I didn’t hear back from the Kapernick Foundation about its giving strategy, but several recipients said they were contacted by Kaepernick’s manager or a foundation rep and asked to write up a brief proposal explaining how they would use the money. Among the grantees listed on the foundation’s website are a Brooklyn group that helps house homeless veterans, a San Fransisco medical clinic that sent staff to support Native American protesters at Standing Rock last year, and the New York City-based Center for Reproductive Rights.
“People are always asking what can celebrities do, and Kaepernick’s model has been to invest directly in the communities that are impacted,” says Adam Jackson, CEO of Leaders of a Beautiful Struggle, a Baltimore think tank that addresses black issues. His group received $20,000 from Kaepernick in March. It used the money to pay for its annual policy-and-debate camp, which dozens of students attend free of charge.

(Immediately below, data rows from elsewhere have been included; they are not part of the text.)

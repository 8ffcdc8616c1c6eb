-- ===== src/Broker/Pairing/Agents.antt =====
-- `approve`, `active_agent`, `revoke` and `consume_nonce` of
-- src/auth-broker/app/adapters/sqlite.py. UTC texts of datetimes compare as their instants do.
use mathai_ai_swarm_memory.Common.{
  Bool, not, ◌&&◌, [], ◌∷◌, ◌++◌, Option, none, some, ◌==◌, if◌then◌else◌, find, any, length,
  count_where, delete_where, update_where, String, str_eq, Codes, Result, ok, err, guard, ◌>>=◌,
  ◌>>◌,
}
use mathai_ai_swarm_memory.Broker.Store.{
  Datetime, is_before, is_at_most, aware, Error, value_error, integrity_error,
  invalid_pairing_state, invalid_pairing_proof, approved, AgentRow, NonceRow, agent_approved,
  agent_revoked, Store, is_null, Outcome, committed,
}
use mathai_ai_swarm_memory.Broker.Pairing.{
  Crypto, is_verified, is_approved, is_request, audit, request_row, set_status,
}

pub record ActiveAgent : Type 0 where
  pub id : String
  pub public_key : String
  pub approved_at : Datetime
  pub expires_at : Datetime

abbrev pub is_agent : String → AgentRow → Bool
is_agent agent_id a = str_eq a.id agent_id

abbrev pub is_agent_of : String → AgentRow → Bool
is_agent_of request_id a = str_eq a.request_id request_id

-- `INSERT INTO agents`, with its two unique columns.
unfoldable pub insert_agent : AgentRow → Store → Result Error Store
insert_agent row st = do
  guard (not (any (is_agent row.id) st.agents) && not (any (is_agent_of row.request_id) st.agents))
      integrity_error
  ok (record st { agents = st.agents ++ row ∷ [] })

-- `approve`
unfoldable pub approve_tx :
    String → Datetime → Datetime → String → Store → Result Error (ActiveAgent × Store)
approve_tx request_id at expires_at agent_id st = do
  aware at
  aware expires_at
  guard (is_before at expires_at) value_error
  row ← request_row request_id at st
  guard (is_verified row.status) invalid_pairing_state
  st' ←
      insert_agent
        (record {
          id = agent_id;
          request_id = request_id;
          public_key = row.public_key;
          approved_at = at;
          expires_at = expires_at;
          revoked_at = none;
        })
        st
  ok (
    record {
      id = agent_id;
      public_key = row.public_key;
      approved_at = at;
      expires_at = expires_at;
    },
    audit agent_approved at request_id (some agent_id) (set_status request_id approved st'),
  )

unfoldable pub approve : String → Datetime → Datetime → String → Store → Outcome ActiveAgent
approve request_id at expires_at agent_id st =
    committed st (approve_tx request_id at expires_at agent_id st)

-- `approved_at <= now < expires_at`
abbrev pub in_lifetime : Datetime → AgentRow → Bool
in_lifetime now a = is_at_most a.approved_at now && is_before now a.expires_at

abbrev to_active : AgentRow → ActiveAgent
to_active a = record {
  id = a.id;
  public_key = a.public_key;
  approved_at = a.approved_at;
  expires_at = a.expires_at;
}

-- The join of `active_agent`.
unfoldable pub joined_agent : String → Store → Option AgentRow
joined_agent agent_id st = elim (find (is_agent agent_id) st.agents) [
  | none ↦ none
  | some a ↦ elim (find (is_request a.request_id) st.pairing_requests) [
    | none ↦ none
    | some p ↦ if is_null a.revoked_at && is_approved p.status then some a else none
  ]
]

unfoldable pub active_agent : String → Datetime → Store → Result Error (Option ActiveAgent)
active_agent agent_id now st = do
  aware now
  elim (joined_agent agent_id st) [
    | none ↦ ok none
    | some a ↦ ok (if in_lifetime now a then some (to_active a) else none)
  ]

-- `WHERE id = ? AND revoked_at IS NULL`
abbrev pub is_unrevoked_agent : String → AgentRow → Bool
is_unrevoked_agent agent_id a = is_agent agent_id a && is_null a.revoked_at

abbrev pub revoke_agent : Datetime → AgentRow → AgentRow
revoke_agent at a = record a { revoked_at = some at }

-- `revoke`
unfoldable pub revoke_tx : String → Datetime → Store → Result Error (Unit {0} × Store)
revoke_tx agent_id at st = do
  aware at
  if count_where (is_unrevoked_agent agent_id) st.agents == 0
      then ok (tt, st)
      else elim (find (is_agent agent_id) st.agents) [
        | none ↦ err value_error
        | some a ↦ ok (
          tt,
          audit agent_revoked at a.request_id (some agent_id) (record st {
            agents = update_where (is_unrevoked_agent agent_id) (revoke_agent at) st.agents;
          }),
        )
      ]

unfoldable pub revoke : String → Datetime → Store → Outcome (Unit {0})
revoke agent_id at st = committed st (revoke_tx agent_id at st)

abbrev pub is_nonce : String → String → NonceRow → Bool
is_nonce agent_id nonce_hash n = str_eq n.agent_id agent_id && str_eq n.nonce_hash nonce_hash

-- `consume_nonce`
module _ (crypto : Crypto) where
  unfoldable pub consume_nonce_tx :
      String → Codes → Datetime → Datetime → Store → Result Error (Unit {0} × Store)
  consume_nonce_tx agent_id nonce now expires_at st = do
    aware now
    aware expires_at
    guard (length nonce == 32 && is_before now expires_at) value_error
    active ← active_agent agent_id now st
    guard (not (is_null active)) invalid_pairing_state
    let kept = delete_where (λ (n : NonceRow). is_at_most n.expires_at now) st.consumed_nonces
    guard (not (any (is_nonce agent_id (crypto.digest nonce)) kept)) invalid_pairing_proof
    ok (
      tt,
      record st {
        consumed_nonces =
            kept
            ++ record {
              agent_id = agent_id;
              nonce_hash = crypto.digest nonce;
              expires_at = expires_at;
            }
              ∷ [];
      },
    )

  unfoldable pub consume_nonce : String → Codes → Datetime → Datetime → Store → Outcome (Unit {0})
  consume_nonce agent_id nonce now expires_at st =
      committed st (consume_nonce_tx agent_id nonce now expires_at st)
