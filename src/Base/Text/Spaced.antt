-- ===== src/Base/Text/Spaced.antt =====
-- Texts that are printed word by word or line by line, and are split into the same again.
use Prim.Native.Nat.{ℕ}
use Prim.Native.Char.{Char, code}
use Prim.Native.String.{String}
use Prim.Native.String.append.{nil, cons}
use mathlib.Core.Path.{◌≡◌, refl, ap, ◌∙◌}
use mathlib.Core.Bool.{Bool, true, false, not, ◌&&◌}
use mathlib.Core.List.{List, [], ◌∷◌}
use native.Mathlib.Omega.{arith}
use croutond.Base.Tests.{◌==◌, if◌then◌else◌}
use croutond.Base.Text.{◌+++◌, is_empty, is_whitespace}
use croutond.Base.Text.Splits.{push_word, pieces, split_whitespace, lines}

-- Every character passes the test, by its code.
abbrev pub all_chars : (ℕ → Bool) → String → Bool
all_chars test String.[] = true
all_chars test (String.◌∷◌ c s) = test (code c) && all_chars test s

abbrev pub is_plain : ℕ → Bool
is_plain c = not (is_whitespace c)

abbrev pub stays_on_line : ℕ → Bool
stays_on_line c = not (c == 10) && not (c == 13)

abbrev pub is_word : String → Bool
is_word s = not (is_empty s) && all_chars is_plain s

abbrev pub all_words : List String → Bool
all_words [] = true
all_words (w ∷ ws) = is_word w && all_words ws

-- Each word behind a space.
abbrev pub spaced : List String → String
spaced [] = ""
spaced (w ∷ ws) = " " +++ w +++ spaced ws

both : (a b : Bool) → (a && b) ≡ true → (a ≡ true) × (b ≡ true)
both true b h = (refl, h)
both false b h = cc

is_false : (b : Bool) → not b ≡ true → b ≡ false
is_false true h = cc
is_false false h = refl

-- A character that is no whitespace belongs to the word.
pieces-letter :
    (c : Char) (s word : String) (words : List String)
    → is_whitespace (code c) ≡ false
    → pieces s ≡ (word, words)
    → pieces (String.◌∷◌ c s) ≡ (String.◌∷◌ c word, words)
pieces-letter c s word words h e = rw (h, e) refl

pieces-append :
    (w tail : String) (ws : List String)
    → all_chars is_plain w ≡ true
    → pieces tail ≡ (String.[], ws)
    → pieces (w +++ tail) ≡ (w, ws)
pieces-append String.[] tail ws h e = ap pieces (nil tail) ∙ e
pieces-append (String.◌∷◌ c w) tail ws h e =
    let (plain, plains) = both (is_plain (code c)) (all_chars is_plain w) h in
    ap pieces (cons c w tail)
    ∙ pieces-letter c (w +++ tail) w ws (is_false _ plain) (pieces-append w tail ws plains e)

pieces-space :
    (s word : String) (words : List String)
    → pieces s ≡ (word, words)
    → pieces (" " +++ s) ≡ (String.[], push_word (word, words))
pieces-space s word words e =
    ap pieces (cons " " "" s ∙ ap (String.◌∷◌ " ") (nil s)) ∙ ap (λ r. (String.[], push_word r)) e

pieces-spaced : (ws : List String) → all_words ws ≡ true → pieces (spaced ws) ≡ (String.[], ws)
pieces-spaced [] h = refl
pieces-spaced (w ∷ ws) h =
    let (word, words) = both (is_word w) (all_words ws) h in
    let (full, plains) = both (not (is_empty w)) (all_chars is_plain w) word in
    pieces-space (w +++ spaced ws) w ws
      (pieces-append w (spaced ws) ws plains (pieces-spaced ws words))
    ∙ ap (λ b. (String.[], if b then ws else w ∷ ws)) (is_false _ full)

split_whitespace-append :
    (w tail : String) (ws : List String)
    → is_word w ≡ true
    → pieces tail ≡ (String.[], ws)
    → split_whitespace (w +++ tail) ≡ w ∷ ws
unfolding split_whitespace
split_whitespace-append w tail ws h e =
    let (full, plains) = both (not (is_empty w)) (all_chars is_plain w) h in
    ap push_word (pieces-append w tail ws plains e)
    ∙ ap (λ b. if b then ws else w ∷ ws) (is_false _ full)

-- Splitting gives back the words, with one space behind the first or two.
pub split_whitespace-spaced :
    (w : String) (ws : List String)
    → is_word w ≡ true
    → all_words ws ≡ true
    → split_whitespace (w +++ spaced ws) ≡ w ∷ ws
split_whitespace-spaced w ws h hs = split_whitespace-append w (spaced ws) ws h (pieces-spaced ws hs)

pub split_whitespace-wide :
    (w : String) (ws : List String)
    → is_word w ≡ true
    → all_words ws ≡ true
    → split_whitespace (w +++ " " +++ spaced ws) ≡ w ∷ ws
split_whitespace-wide w ws h hs =
    split_whitespace-append w (" " +++ spaced ws) ws h
      (pieces-space (spaced ws) String.[] ws (pieces-spaced ws hs))

pub split_whitespace-behind_space :
    (ws : List String) → all_words ws ≡ true → split_whitespace (spaced ws) ≡ ws
unfolding split_whitespace
split_whitespace-behind_space ws hs = ap push_word (pieces-spaced ws hs)

lines-letter :
    (c : Char) (s line : String) (rest : List String)
    → stays_on_line (code c) ≡ true
    → lines s ≡ line ∷ rest
    → lines (String.◌∷◌ c s) ≡ String.◌∷◌ c line ∷ rest
unfolding lines
lines-letter c s line rest h e =
    let (a, b) = both (not (code c == 10)) (not (code c == 13)) h in
    rw (is_false _ a, is_false _ b, e) refl

-- The first line ends in front of the first line feed.
pub lines-append :
    (line rest : String)
    → all_chars stays_on_line line ≡ true
    → lines (line +++ "\n" +++ rest) ≡ line ∷ lines rest
unfolding lines
lines-append String.[] rest h =
    ap lines (nil ("\n" +++ rest) ∙ cons "\n" "" rest ∙ ap (String.◌∷◌ "\n") (nil rest))
lines-append (String.◌∷◌ c s) rest h =
    let (stays, stay) = both (stays_on_line (code c)) (all_chars stays_on_line s) h in
    ap lines (cons c s ("\n" +++ rest))
    ∙ lines-letter c (s +++ "\n" +++ rest) s (lines rest) stays (lines-append s rest stay)

pub all_chars-append :
    (test : ℕ → Bool) (s t : String)
    → all_chars test s ≡ true
    → all_chars test t ≡ true
    → all_chars test (s +++ t) ≡ true
all_chars-append test String.[] t h k = ap (all_chars test) (nil t) ∙ k
all_chars-append test (String.◌∷◌ c s) t h k =
    let (a, b) = both (test (code c)) (all_chars test s) h in
    ap (all_chars test) (cons c s t) ∙ rw (a) (all_chars-append test s t b k)

plain-stays_on_line : (s : String) → all_chars is_plain s ≡ true → all_chars stays_on_line s ≡ true
plain-stays_on_line String.[] h = refl
plain-stays_on_line (String.◌∷◌ c s) h =
    let (a, b) = both (is_plain (code c)) (all_chars is_plain s) h in
    rw (stays (code c) a) (plain-stays_on_line s b)
  where
    stays : (n : ℕ) → is_plain n ≡ true → stays_on_line n ≡ true
    stays n h = ground arith

-- Words with spaces between them are on one line.
pub spaced-stays_on_line :
    (ws : List String) → all_words ws ≡ true → all_chars stays_on_line (spaced ws) ≡ true
spaced-stays_on_line [] h = refl
spaced-stays_on_line (w ∷ ws) h =
    let (word, words) = both (is_word w) (all_words ws) h in
    let (full, plains) = both (not (is_empty w)) (all_chars is_plain w) word in
    all_chars-append stays_on_line " " (w +++ spaced ws) refl (
      all_chars-append stays_on_line w (spaced ws) (plain-stays_on_line w plains)
        (spaced-stays_on_line ws words))
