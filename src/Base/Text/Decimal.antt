-- ===== src/Base/Text/Decimal.antt =====
-- Decimal numbers as `format!` prints them and `str::parse` reads them.
use Prim.Native.Nat.{ℕ, zero, suc, ◌+◌, ◌-◌, ◌*◌, ◌/◌, ◌%◌, ◌<◌, ◌≤◌}
use Prim.Native.Char.{Char, code}
use Prim.Native.String.{String, [], ◌∷◌}
use mathlib.Core.Path.{◌≡◌, refl, ◌∙◌}
use mathlib.Core.Logic.{inl, inr}
use mathlib.Core.Bool.{Bool, true, false, ◌&&◌}
use native.Mathlib.Omega.{arith}
use croutond.Base.Text.{is_empty}
use croutond.Base.Text.Spaced.{all_chars, is_plain, is_word}
use croutond.Base.Results.{Result, ok, err}
use croutond.Base.Tests.{ltb, leb, ltb→lt, ◌==◌, if◌then◌else◌, Bool-cases}

abbrev digit : ℕ → Char
digit d =
    if d == 0
    then "0"
    else if d == 1
    then "1"
    else if d == 2
    then "2"
    else if d == 3
    then "3"
    else if d == 4
    then "4"
    else if d == 5
    then "5"
    else if d == 6
    then "6"
    else if d == 7
    then "7"
    else if d == 8
    then "8"
    else "9"

-- The digits of `n` in front of `out`, the last one first.
decimal_from : ℕ → ℕ → String → String
decimal_from zero n out = out
decimal_from (suc fuel) n out =
    let more = decimal_from fuel (n / 10) (digit (n % 10) ∷ out) in
    if ltb n 10 then digit n ∷ out else more

-- `{n}` in a format string. A number has fewer digits than its successor counts.
unfoldable pub decimal : ℕ → String
unfolding decimal_from
decimal n = decimal_from (suc n) n []

abbrev pub is_digit : Char → Bool
is_digit c = leb b'0' (code c) && leb (code c) b'9'

-- The `Display` texts of `ParseIntError`.
abbrev pub empty_number : String
empty_number = "cannot parse integer from empty string"

abbrev pub invalid_digit : String
invalid_digit = "invalid digit found in string"

abbrev pub too_large : String
too_large = "number too large to fit in target type"

-- The digits to the right of the value `n` read so far, in a type of at most `limit`.
parse_from : ℕ → ℕ → String → Result String ℕ
parse_from limit n [] = ok n
parse_from limit n (c ∷ s) =
    let n' = n * 10 + (code c - b'0') in
    let rest = parse_from limit n' s in
    if is_digit c then (if leb n' limit then rest else err too_large) else err invalid_digit

-- `str::parse` into an unsigned type of at most `limit`: an optional `+`, then digits.
unfoldable pub parse_uint : ℕ → String → Result String ℕ
unfolding parse_from
parse_uint limit [] = err empty_number
parse_uint limit (c ∷ []) = parse_from limit 0 (c ∷ [])
parse_uint limit (c ∷ d ∷ s) =
    if code c == b'+' then parse_from limit 0 (d ∷ s) else parse_from limit 0 (c ∷ d ∷ s)

digit-value : (d : ℕ) → d < 10 → code (digit d) ≡ b'0' + d
digit-value zero h = refl
digit-value (suc zero) h = refl
digit-value (suc (suc zero)) h = refl
digit-value (suc (suc (suc zero))) h = refl
digit-value (suc (suc (suc (suc zero)))) h = refl
digit-value (suc (suc (suc (suc (suc zero))))) h = refl
digit-value (suc (suc (suc (suc (suc (suc zero)))))) h = refl
digit-value (suc (suc (suc (suc (suc (suc (suc zero))))))) h = refl
digit-value (suc (suc (suc (suc (suc (suc (suc (suc zero)))))))) h = refl
digit-value (suc (suc (suc (suc (suc (suc (suc (suc (suc zero))))))))) h = refl
digit-value (suc (suc (suc (suc (suc (suc (suc (suc (suc (suc d)))))))))) h = absurd (omega arith)

parse_from-digit :
    (limit n d v : ℕ) (s : String)
    → d < 10
    → v ≡ n * 10 + d
    → v ≤ limit
    → parse_from limit n (digit d ∷ s) ≡ parse_from limit v s
unfolding parse_from
parse_from-digit limit n d v s h e k = ground (arith, digit-value d h)

parse_from-decimal_from :
    (fuel limit n : ℕ) (out : String)
    → n < fuel
    → n ≤ limit
    → parse_from limit 0 (decimal_from fuel n out) ≡ parse_from limit n out
unfolding decimal_from
parse_from-decimal_from zero limit n out h k = elim h [ ]
parse_from-decimal_from (suc fuel) limit n out h k = elim (Bool-cases (ltb n 10)) [
  | inl small ↦ rw small (parse_from-digit limit 0 n n out (ltb→lt n 10 small) (omega arith) k)
  | inr large ↦ rw large (
      parse_from-decimal_from fuel limit (n / 10) (digit (n % 10) ∷ out) (ground arith)
        (omega arith)
      ∙ parse_from-digit limit (n / 10) (n % 10) n out (omega arith) (omega arith) k)
]

parse_from-decimal : (limit n : ℕ) → n ≤ limit → parse_from limit 0 (decimal n) ≡ ok n
unfolding decimal parse_from
parse_from-decimal limit n h = parse_from-decimal_from (suc n) limit n [] (omega arith) h

-- Distinct numbers print differently.
pub decimal_injective : (m n : ℕ) → decimal m ≡ decimal n → m ≡ n
decimal_injective m n e =
    cc (parse_from-decimal (m + n) m (omega arith), parse_from-decimal (m + n) n (omega arith))

parse-decimal_test : parse_uint 100 (decimal 97) ≡ ok 97
unfolding parse_uint decimal
parse-decimal_test = refl

-- A text that reads as a number without a sign does so with `parse`, if it is not empty.
parse_uint_of_digits :
    (limit v : ℕ) (s : String)
    → is_empty s ≡ false
    → parse_from limit 0 s ≡ ok v
    → parse_uint limit s ≡ ok v
unfolding parse_uint parse_from
parse_uint_of_digits limit v [] h e = cc
parse_uint_of_digits limit v (c ∷ []) h e = e
parse_uint_of_digits limit v (c ∷ d ∷ s) h e = ground arith

decimal_from_not_empty :
    (fuel n : ℕ) (out : String) → is_empty out ≡ false → is_empty (decimal_from fuel n out) ≡ false
unfolding decimal_from
decimal_from_not_empty zero n out h = h
decimal_from_not_empty (suc fuel) n out h = elim (Bool-cases (ltb n 10)) [
  | inl small ↦ rw small refl
  | inr large ↦ rw large (decimal_from_not_empty fuel (n / 10) (digit (n % 10) ∷ out) refl)
]

decimal_not_empty : (n : ℕ) → is_empty (decimal n) ≡ false
unfolding decimal decimal_from
decimal_not_empty n = elim (Bool-cases (ltb n 10)) [
  | inl small ↦ rw small refl
  | inr large ↦ rw large (decimal_from_not_empty n (n / 10) (digit (n % 10) ∷ []) refl)
]

-- Reading back what was printed.
pub parse_uint-decimal : (limit n : ℕ) → n ≤ limit → parse_uint limit (decimal n) ≡ ok n
parse_uint-decimal limit n h =
    parse_uint_of_digits limit n (decimal n) (decimal_not_empty n) (parse_from-decimal limit n h)

digit-is_plain : (d : ℕ) → d < 10 → is_plain (code (digit d)) ≡ true
digit-is_plain zero h = refl
digit-is_plain (suc zero) h = refl
digit-is_plain (suc (suc zero)) h = refl
digit-is_plain (suc (suc (suc zero))) h = refl
digit-is_plain (suc (suc (suc (suc zero)))) h = refl
digit-is_plain (suc (suc (suc (suc (suc zero))))) h = refl
digit-is_plain (suc (suc (suc (suc (suc (suc zero)))))) h = refl
digit-is_plain (suc (suc (suc (suc (suc (suc (suc zero))))))) h = refl
digit-is_plain (suc (suc (suc (suc (suc (suc (suc (suc zero)))))))) h = refl
digit-is_plain (suc (suc (suc (suc (suc (suc (suc (suc (suc zero))))))))) h = refl
digit-is_plain (suc (suc (suc (suc (suc (suc (suc (suc (suc (suc d)))))))))) h =
    absurd (omega arith)

decimal_from-is_plain :
    (fuel n : ℕ) (out : String)
    → all_chars is_plain out ≡ true
    → all_chars is_plain (decimal_from fuel n out) ≡ true
unfolding decimal_from
decimal_from-is_plain zero n out h = h
decimal_from-is_plain (suc fuel) n out h = elim (Bool-cases (ltb n 10)) [
  | inl small ↦ rw (small, digit-is_plain n (ltb→lt n 10 small)) h
  | inr large ↦ rw large (
      decimal_from-is_plain fuel (n / 10) (digit (n % 10) ∷ out)
        (rw (digit-is_plain (n % 10) (omega arith)) h))
]

-- A printed number is one word.
pub decimal-is_word : (n : ℕ) → is_word (decimal n) ≡ true
unfolding decimal
decimal-is_word n = rw (decimal_not_empty n) (decimal_from-is_plain (suc n) n [] refl)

“Compared to what it normally takes to get $25,000, he made it extremely simple…He didn’t set up all these hoops that we had to jump through,” May told me. “There’s so much work to be done, and there’s not enough time and there’s not enough money. Kaepernick can’t add more hours to a day, but him throwing money at us allows us to train up that many more young leaders,” she adds. “I think that’s amazing.”